Par ailleurs, pendant que nos représentants politiques, tétanisés, le regard fixé sur les sondages, refusent obstinément d’y réfléchir, les premières vagues de condamnés pour soutien à des activités terroristes au début de la guerre en Syrie sortiront bientôt de prison, peines maximales purgées. Or, on en est toujours à se demander ce que serait un programme efficace de déradicalisation qui, cerise sur le gâteau, ne devrait rien coûter à des systèmes judiciaires déjà sur les rotules du fait des économies linéaires qui leur sont imposées par tous les gouvernements, de gauche comme de droite.

Il va de soi que le fait que nous soyons dans un Etat de droit ne nous permet pas, au-delà de quelques mesures préventives, de suivre ces personnes une fois sorties et leur « dette envers la société » réglée, en vue d’assurer la sécurité publique. Il est évident que c’est bien en amont, dès le début de leur peine, qu’il convient d’agir.

En Belgique, la surveillance électronique est en place de manière réduite depuis 22 ans. En France, le placement sous surveillance électronique fixe comme aménagement de peine, a fait l’objet d’une loi votée en 1997. La surveillance mobile pour lutter contre la récidive est en place depuis 2005. Le problème est que les programmes de réinsertion avant la sortie de prison sont sous-financés et que le bracelet autonome électronique est loin d’être généralisé. Les entreprises fournisseurs, de leur côté, savent très bien qu’il n’est pas question de fournir un bracelet de plus, mais celui que les autorités attendent : le bracelet le plus perfectionné qui soit, et qui permette de savoir en temps réel la position à quelques mètres près de l’individu sous surveillance[2]. C’est un moindre mal et cela permettrait une surveillance efficace dont n’a pas pu bénéficier le prêtre de Saint-Etienne-du-Rouvray il y a bientôt deux ans, victime d’Adel Kermiche. Pourtant, les solutions techniques existent qui pourraient permettre tant d’éviter de telles dérives que de permettre une réinsertion plus harmonieuses en sortant des prisons des gens dont ce n’est pas la place.

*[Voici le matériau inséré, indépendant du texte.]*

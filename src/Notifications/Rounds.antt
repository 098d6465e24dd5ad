-- ===== src/Notifications/Rounds.antt =====
-- What a round of the retries takes off the rounds and the seconds that are left.
use phantom_share.Prelude.{
  Bool-cases, inl, inr, ℕ, zero, suc, ◌+◌, ◌-◌, ◌*◌, ◌≤◌, ◌<◌, ◌≡◌, refl, ap, true, false, Option,
  none, some, List, [], ◌∷◌, ◌++◌, arith, if◌then◌else◌, ltb, ◌==◌, String,
}
use Prim.Native.Nat.{◌^◌}
use phantom_share.Amqp.{Message}
use phantom_share.Notifications.{Kind, email, webhook, routing_key_of}
use phantom_share.Notifications.Messages.{or_zero, max_retries, retry_base_delay}
use phantom_share.Notifications.Lanes.{
  Lane, Lanes, consumed, consume_next, retry_message, retry_lane, lane_of, with_lane, retried,
}
use phantom_share.Notifications.Refinement.{is_failing}

-- The sum of a weight over the messages of a list.
abbrev pub sum_of : (ℕ → ℕ) → List Message → ℕ
sum_of f [] = 0
sum_of f (m ∷ ms) = f (or_zero m.attempt) + sum_of f ms

-- The rounds of the loop that a message with so many attempts can take, and the seconds that they
-- sleep.
abbrev pub rounds_of : ℕ → ℕ
rounds_of attempt = if ltb attempt 3 then 4 - attempt else 1

abbrev pub seconds_of : ℕ → ℕ
seconds_of attempt =
    if attempt == 0 then 7 else if attempt == 1 then 6 else if attempt == 2 then 4 else 0

abbrev pub left : (ℕ → ℕ) → Lane → ℕ
left f l = sum_of f l.waiting + sum_of f l.failed

pub sum_of-append :
    (f : ℕ → ℕ) (ms : List Message) (m : Message)
    → sum_of f (ms ++ m ∷ []) ≡ sum_of f ms + f (or_zero m.attempt)
sum_of-append f [] m = omega arith
sum_of-append f (x ∷ ms) m = omega (arith, sum_of-append f ms m)

left-consumed {ℓ} :
    {A : Type ℓ} (f : ℕ → ℕ) (o : Option A) (m : Message) (ms failed : List Message)
    → left f (consumed o m ms failed).0 ≤ f (or_zero m.attempt) + sum_of f ms + sum_of f failed
left-consumed f none m ms failed = omega (arith, sum_of-append f failed m)
left-consumed f (some a) m ms failed = omega arith

pub left-consume_next {ℓ} :
    {A : Type ℓ} (f : ℕ → ℕ) (g : Message → Option A) (waiting failed : List Message)
    → left f (consume_next g waiting failed).0 ≤ sum_of f waiting + sum_of f failed
left-consume_next f g [] failed = omega arith
left-consume_next f g (m ∷ ms) failed = left-consumed f (g m) m ms failed

powers :
    (attempt : ℕ)
    → ltb max_retries (attempt + 1) ≡ false
    → (rounds_of (attempt + 1) < rounds_of attempt)
      × (retry_base_delay * 2 ^ (attempt + 1 - 1) + seconds_of (attempt + 1) ≤ seconds_of attempt)
powers zero h = (omega arith, omega arith)
powers (suc zero) h = (omega arith, omega arith)
powers (suc (suc zero)) h = (omega arith, omega arith)
powers (suc (suc (suc n))) h = ground arith

rounds_of_pos : (attempt : ℕ) → 0 < rounds_of attempt
rounds_of_pos attempt = ground arith

-- A round takes at least one off the rounds that are left, and the seconds that it sleeps off the
-- seconds that are left, and the loop goes on.
left-retry_message :
    (key : String) (m : Message) (waiting ms : List Message)
    → (let r = retry_message key true (or_zero m.attempt + 1) m waiting ms in
        (left rounds_of r.lane
          < sum_of rounds_of waiting + (rounds_of (or_zero m.attempt) + sum_of rounds_of ms))
        × (r.slept + left seconds_of r.lane
            ≤ sum_of seconds_of waiting + (seconds_of (or_zero m.attempt) + sum_of seconds_of ms))
        × (r.goes_on ≡ true))
left-retry_message key m waiting ms = elim (Bool-cases (ltb max_retries (or_zero m.attempt + 1))) [
  | inl late ↦ rw late (omega (arith, rounds_of_pos (or_zero m.attempt)), omega arith, refl)
  | inr early ↦
      let next = record m { attempt = some (or_zero m.attempt + 1) } in
      let (fewer, shorter) = powers (or_zero m.attempt) early in
      rw early (
        omega (arith, fewer, sum_of-append rounds_of waiting next),
        omega (arith, shorter, sum_of-append seconds_of waiting next),
        refl,
      )
]

time_left_step :
    (clock slept left_now left_before : ℕ)
    → slept + left_now ≤ left_before
    → clock + slept + left_now ≤ clock + left_before
time_left_step clock slept left_now left_before h = omega arith

-- What one round of the loop on the lanes takes off.
abbrev pub Fewer : Kind → Lanes → Lanes → Type 0
Fewer k x y =
    (left rounds_of (lane_of k y) < left rounds_of (lane_of k x))
    × (y.clock + left seconds_of (lane_of k y) ≤ x.clock + left seconds_of (lane_of k x))

abbrev pub Retries : Kind → Lanes → Type 0
Retries k x = (y : Lanes) × (retry_lane k true x ≡ some (true, y)) × Fewer k x y

retry_failed-Fewer :
    (k : Kind) (waiting failed : List Message) (x : Lanes)
    → is_failing failed ≡ true
    → Retries k (with_lane k (record { waiting = waiting; failed = failed }) x)
unfolding retry_lane
retry_failed-Fewer k waiting [] x h = cc
retry_failed-Fewer email waiting (m ∷ ms) x h =
    let key = routing_key_of email in
    let (fewer, shorter, on) = left-retry_message key m waiting ms in
    let y =
      retried email (with_lane email (record { waiting = waiting; failed = m ∷ ms }) x)
        (retry_message key true (or_zero m.attempt + 1) m waiting ms) in
    (y, ap (λ b. some (b, y)) on, (fewer, time_left_step _ _ _ _ shorter))
retry_failed-Fewer webhook waiting (m ∷ ms) x h =
    let key = routing_key_of webhook in
    let (fewer, shorter, on) = left-retry_message key m waiting ms in
    let y =
      retried webhook (with_lane webhook (record { waiting = waiting; failed = m ∷ ms }) x)
        (retry_message key true (or_zero m.attempt + 1) m waiting ms) in
    (y, ap (λ b. some (b, y)) on, (fewer, time_left_step _ _ _ _ shorter))

pub retry_lane-Fewer : (k : Kind) (x : Lanes) → is_failing (lane_of k x).failed ≡ true → Retries k x
retry_lane-Fewer email x h = retry_failed-Fewer email x.emails.waiting x.emails.failed x h
retry_lane-Fewer webhook x h = retry_failed-Fewer webhook x.webhooks.waiting x.webhooks.failed x h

Il faut bien sûr inscrire cette mesure parmi d’autres. Mais elle doit faire partie d’un ensemble coordonné qui doit être adopté d’urgence. Si l’on déplace les lignes budgétaires consacrées au pur sécuritaire, si l’on refinance les services psychologiques, éducatifs, et de réinsertion et si l’on équipe de bracelets autonomes électroniques de dernière génération tous les « sortants » faisant l’objet d’une décision judiciaire préalable selon leur degré de dangerosité savamment analysé, on fera bien plus d’économies qu’en s’obstinant au « tout prison » qui représente un coût considérable à court, moyen et long terme, surtout si l’on prend en compte les dégâts profonds qu’il finit par infliger au corps social.

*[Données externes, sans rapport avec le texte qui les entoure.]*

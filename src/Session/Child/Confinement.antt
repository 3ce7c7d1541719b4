-- ===== src/Session/Child/Confinement.antt =====
-- What `run_child` of sbuild/sbuild-session.cc has given up when it executes a program.
use schroot.Prelude.{
  ◌≡◌, refl, ap, sym, subst, ◌∙◌, ◌⊎◌, Bool, true, false, Option, none, some, List, [], ◌∷◌, ◌++◌,
  Text, codes, arith, any, nat_eq, is_empty, if◌then◌else◌,
}
use schroot.Exception.{Exception, Result, ok, throw, assertion}
use schroot.Environment.{Environment, get}
use schroot.Session.Chroot.{Chroot}
use schroot.Session.Child.Command.{
  Settings, Program, push_new, push_found, slash, get_login_directories, get_command_directories,
  get_command,
}
use schroot.Session.Child.{
  Call, setgid, initgroups, set_persona, chdir_to, chroot_to, setuid, exec_file, Calls, Kernel, Run,
  resume, ◌>>=◌, ◌>>◌, require, assert, drop_root, enter_chroot, change_directory, execute,
  run_program, run_inside, run_child, getcwd, directories, initial_environment, add_variables,
  final_file,
}

abbrev pub is_exec : Call → Bool
is_exec (exec_file file command env) = true
is_exec _ = false

-- Whether exec(3) was called.
abbrev pub executed : Calls → Bool
executed h = any is_exec h

-- A step that calls no exec(3).
abbrev Plain {ℓ} : {A : Type ℓ} → Run A → Type 0
Plain m = (h : Calls) → executed (m h).1 ≡ executed h

resume-executed {ℓ κ} :
    {A : Type ℓ} {B : Type κ} (f : A → Run B) (r : Result A × Calls)
    → executed r.1 ≡ false
    → executed (resume f r).1 ≡ true
    → (a : A) × (h1 : Calls) × (r ≡ (ok a, h1))
      × (executed h1 ≡ false)
      × (executed (f a h1).1 ≡ true)
      × (resume f r ≡ f a h1)
resume-executed f (ok a, h1) e x = (a, h1, refl, e, x, refl)
resume-executed f (throw t, h1) e x = cc

-- Where exec(3) is called after a plain step, the step has returned.
>>=-executed {ℓ κ} :
    {A : Type ℓ} {B : Type κ} (m : Run A) (f : A → Run B) (h : Calls)
    → Plain m
    → executed h ≡ false
    → executed ((m >>= f) h).1 ≡ true
    → (a : A) × (h1 : Calls) × (m h ≡ (ok a, h1))
      × (executed h1 ≡ false)
      × (executed (f a h1).1 ≡ true)
      × ((m >>= f) h ≡ f a h1)
unfolding ◌>>=◌
>>=-executed m f h p e x = resume-executed f (m h) (p h ∙ e) x

>>-executed {ℓ κ} :
    {A : Type ℓ} {B : Type κ} (m : Run A) (n : Run B) (h : Calls)
    → Plain m
    → executed h ≡ false
    → executed ((m >> n) h).1 ≡ true
    → (a : A) × (h1 : Calls) × (m h ≡ (ok a, h1))
      × (executed h1 ≡ false)
      × (executed (n h1).1 ≡ true)
      × ((m >> n) h ≡ n h1)
unfolding ◌>>◌
>>-executed m n h p e x = resume-executed (λ _. n) (m h) (p h ∙ e) x

assert-Plain : (b : Bool) → Plain (assert b)
assert-Plain true h = refl
assert-Plain false h = refl

assert-ok : (b : Bool) (h h' : Calls) → assert b h ≡ (ok tt, h') → h' ≡ h
assert-ok true h h' e = sym (ap (λ (r : Result (Unit {0}) × Calls). r.1) e)
assert-ok false h h' e = cc

require-ok :
    {A : Type 0} (o : Option A) (t : Exception) (a : A) (h h' : Calls)
    → require o t h ≡ (ok a, h')
    → (o ≡ some a) × (h' ≡ h)
require-ok none t a h h' e = cc
require-ok (some b) t a h h' e = (cc, sym (ap (λ (r : Result _ × Calls). r.1) e))

require-Plain {ℓ} : {A : Type ℓ} (o : Option A) (e : Exception) → Plain (require o e)
require-Plain none e h = refl
require-Plain (some a) e h = refl

-- Every call of `enter_chroot` succeeded, but for the attempt to become root again, which failed
-- unless the user is root.
abbrev pub Entered : Kernel → Settings → Text → Calls → Calls → Type 0
Entered k settings location h h' =
    let auth = settings.authstat in
    let grouped = setgid auth.gid ∷ h in
    let named = initgroups auth.user_name auth.gid ∷ grouped in
    let personal = if k.has_personality then set_persona ∷ named else named in
    let moved = chdir_to location ∷ personal in
    let rooted = chroot_to location ∷ moved in
    let dropped = setuid auth.uid ∷ rooted in
    (h' ≡ setuid 0 ∷ dropped)
    × (k.succeeds h (setgid auth.gid) ≡ true)
    × (k.succeeds grouped (initgroups auth.user_name auth.gid) ≡ true)
    × (k.succeeds personal (chdir_to location) ≡ true)
    × (k.succeeds moved (chroot_to location) ≡ true)
    × (k.succeeds rooted (setuid auth.uid) ≡ true)
    × ((k.succeeds dropped (setuid 0) ≡ false) ⊎ (auth.uid ≡ 0))

-- The first of the directories that can be entered was entered.
abbrev pub Moved : Kernel → List Text → Calls → Calls → Type 0
Moved k [] h h' = ⊥
Moved k (dir ∷ dirs) h h' =
    ((k.succeeds h (chdir_to dir) ≡ true) × (h' ≡ chdir_to dir ∷ h))
    ⊎ ((k.succeeds h (chdir_to dir) ≡ false) × Moved k dirs (chdir_to dir ∷ h) h')

module _ (k : Kernel) (settings : Settings) (ch : Chroot) where
  enter_chroot-Plain : (location : Text) → Plain (enter_chroot k settings ch location)
  unfolding enter_chroot ◌>>◌ drop_root
  enter_chroot-Plain location h = ground arith

  change_directory-Plain : (dirs : List Text) → Plain (change_directory k settings ch dirs)
  unfolding change_directory
  change_directory-Plain [] h = refl
  change_directory-Plain (dir ∷ dirs) h =
      ground (arith, change_directory-Plain dirs (chdir_to dir ∷ h))

  enter_chroot-ok :
      (location : Text) (h h' : Calls)
      → enter_chroot k settings ch location h ≡ (ok tt, h')
      → Entered k settings location h h'
  unfolding enter_chroot ◌>>◌ drop_root
  enter_chroot-ok location h h' e = ground arith

  change_directory-ok :
      (dir : Text) (dirs : List Text) (h h' : Calls)
      → change_directory k settings ch (dir ∷ dirs) h ≡ (ok tt, h')
      → Moved k (dir ∷ dirs) h h'
  unfolding change_directory
  change_directory-ok dir [] h h' e = ground arith
  change_directory-ok dir (next ∷ dirs) h h' e =
      ground (arith, change_directory-ok next dirs (chdir_to dir ∷ h) h')

  push_new-ne_nil :
      (ret : List Text) (text : Text) → is_empty ret ≡ false → is_empty (push_new ret text) ≡ false
  unfolding push_new
  push_new-ne_nil [] text e = cc
  push_new-ne_nil (d ∷ ret) text e = ground arith

  push_found-ne_nil :
      (ret : List Text) (o : Option Text)
      → is_empty ret ≡ false
      → is_empty (push_found ret o) ≡ false
  push_found-ne_nil ret none e = e
  push_found-ne_nil ret (some text) e = push_new-ne_nil ret text e

  directories-ne_nil :
      (cwd : Text) (env : Environment) → is_empty (directories k settings ch cwd env) ≡ false
  unfolding get_login_directories get_command_directories
  directories-ne_nil cwd env =
      let first = push_found (cwd ∷ []) (get (codes "HOME") env) in
      let second = push_new first settings.authstat.home in
      ground (
        arith,
        push_found-ne_nil (cwd ∷ []) (get (codes "HOME") env),
        push_new-ne_nil first settings.authstat.home,
        push_new-ne_nil second slash,
      )

  some_directory :
      (dirs : List Text) (h h' : Calls)
      → is_empty dirs ≡ false
      → change_directory k settings ch dirs h ≡ (ok tt, h')
      → Moved k dirs h h'
  some_directory [] h h' n e = cc
  some_directory (dir ∷ dirs) h h' n e = change_directory-ok dir dirs h h' e

  directories-ok :
      (cwd : Text) (env : Environment) (h h' : Calls)
      → change_directory k settings ch (directories k settings ch cwd env) h ≡ (ok tt, h')
      → Moved k (directories k settings ch cwd env) h h'
  directories-ok cwd env h h' e =
      some_directory (directories k settings ch cwd env) h h' (directories-ne_nil cwd env) e

  -- The exec(3) of a program, behind the command prefix of the chroot.
  abbrev pub executing : Program → Call
  executing program =
      let env = add_variables k settings ch program.command program.env in
      exec_file (final_file k settings ch program env ch.command_prefix)
        (ch.command_prefix ++ program.command) env

  execute-calls :
      (program : Program) (h : Calls) → (execute k settings ch program h).1 ≡ executing program ∷ h
  unfolding execute
  execute-calls program h = ground arith

  -- The program that was chosen is executed last.
  abbrev pub Executes : Environment → Calls → Calls → Program → Type 0
  Executes env placed calls program =
      (get_command k.search k.exists k.is_program settings ch settings.authstat.command env
        ≡ some program)
      × (calls ≡ executing program ∷ placed)

  run_program-executed :
      (env : Environment) (h : Calls)
      → executed h ≡ false
      → executed (run_program k settings ch env h).1 ≡ true
      → (program : Program) × Executes env h (run_program k settings ch env h).1 program
  unfolding run_program
  run_program-executed env h n x =
      let (program, h1, e1, n1, x1, s1) = >>=-executed _ _ h (require-Plain _ _) n x in
      let (chosen, there) = require-ok _ assertion program h h1 e1 in
      (
        program,
        (
          chosen,
          ap (λ (r : Result (Unit {0}) × Calls). r.1) s1
              ∙ execute-calls program h1
              ∙ ap (λ h. executing program ∷ h) there,
        ),
      )

  -- What has happened when a program is executed: the calls inside the chroot, and those before the
  -- program.
  pub record IsConfined (cwd : Text) (env : Environment) (h calls : Calls) : Type 0 where
    pub inside : Calls
    pub placed : Calls
    pub program : Program
    pub entered : Entered k settings (k.get_path ch) h inside
    pub moved : Moved k (directories k settings ch cwd env) inside placed
    pub executes : Executes env placed calls program

  run_inside-executed :
      (cwd : Text) (env : Environment) (h : Calls)
      → executed h ≡ false
      → executed (run_inside k settings ch cwd env h).1 ≡ true
      → IsConfined cwd env h (run_inside k settings ch cwd env h).1
  unfolding run_inside
  run_inside-executed cwd env h n x =
      let (_, h1, e1, n1, x1, s1) = >>-executed _ _ h (enter_chroot-Plain _) n x in
      let (_, h2, e2, n2, x2, s2) = >>-executed _ _ h1 (change_directory-Plain _) n1 x1 in
      let (program, (chosen, last)) = run_program-executed env h2 n2 x2 in
      record {
        inside = h1;
        placed = h2;
        program = program;
        entered = enter_chroot-ok (k.get_path ch) h h1 e1;
        moved = directories-ok cwd env h1 h2 e2;
        executes = (chosen, ap (λ (r : Result (Unit {0}) × Calls). r.1) (s1 ∙ s2) ∙ last);
      }

  moved_to :
      (cwd : Text) (h calls : Calls)
      → h ≡ []
      → calls ≡ (run_inside k settings ch cwd (initial_environment k settings ch) h).1
      → IsConfined cwd
          (initial_environment k settings ch)
          h
          (run_inside k settings ch cwd (initial_environment k settings ch) h).1
      → IsConfined cwd (initial_environment k settings ch) [] calls
  moved_to cwd h calls e same c =
      subst (λ h'. IsConfined cwd (initial_environment k settings ch) h' calls) e
        (subst (IsConfined cwd (initial_environment k settings ch) h) (sym same) c)

  -- Where the child calls exec(3), it is the last call, and before it the child has given up its
  -- groups and its root directory, has become the user and cannot become root again, unless it is
  -- root's, and is in the first of the directories that it could enter. These are made from the
  -- directory that the session was in, or the root directory where getcwd(3) failed.
  pub run_child-executed :
      executed (run_child k settings ch []).1 ≡ true
      → IsConfined
          (getcwd k settings ch)
          (initial_environment k settings ch)
          []
          (run_child k settings ch []).1
  unfolding run_child
  run_child-executed x =
      let (_, h1, e1, n1, x1, s1) = >>-executed _ _ [] (assert-Plain _) refl x in
      moved_to (getcwd k settings ch) h1 (run_child k settings ch []).1 (assert-ok _ [] h1 e1)
        (ap (λ (r : Result (Unit {0}) × Calls). r.1) s1)
        (run_inside-executed (getcwd k settings ch) (initial_environment k settings ch) h1 n1 x1)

Il est aujourd’hui impossible de suivre l’ensemble de celles et ceux qui vont être rendus à la liberté dans les mois qui viennent sans que l’on ne leur ait offert de véritable opportunité de résilience. Les forces de police sont les premières à protester à ce sujet. Or, si l’État avait fait le choix d’installer une centrale de surveillance avec une vingtaine de personnes dédiées, ce seraient plusieurs milliers de bracelets personnalisés qui pourraient être suivis en temps réel selon des critères de déplacement pour leurs « propriétaires » précisément définis en fonction de mesures de justice et équipés d’un solide de plan de réinsertion. Il n’en est rien. Alors que certains pays comme la Suède, la Norvège et les Pays-Bas vident leurs prisons, avec des taux de récidive planchers, la France n’ose plus montrer l’état des siennes, et la Belgique achète des places de prison aux Pays-Bas en hésitant toujours entre rassemblement ou séparation des radicalisés.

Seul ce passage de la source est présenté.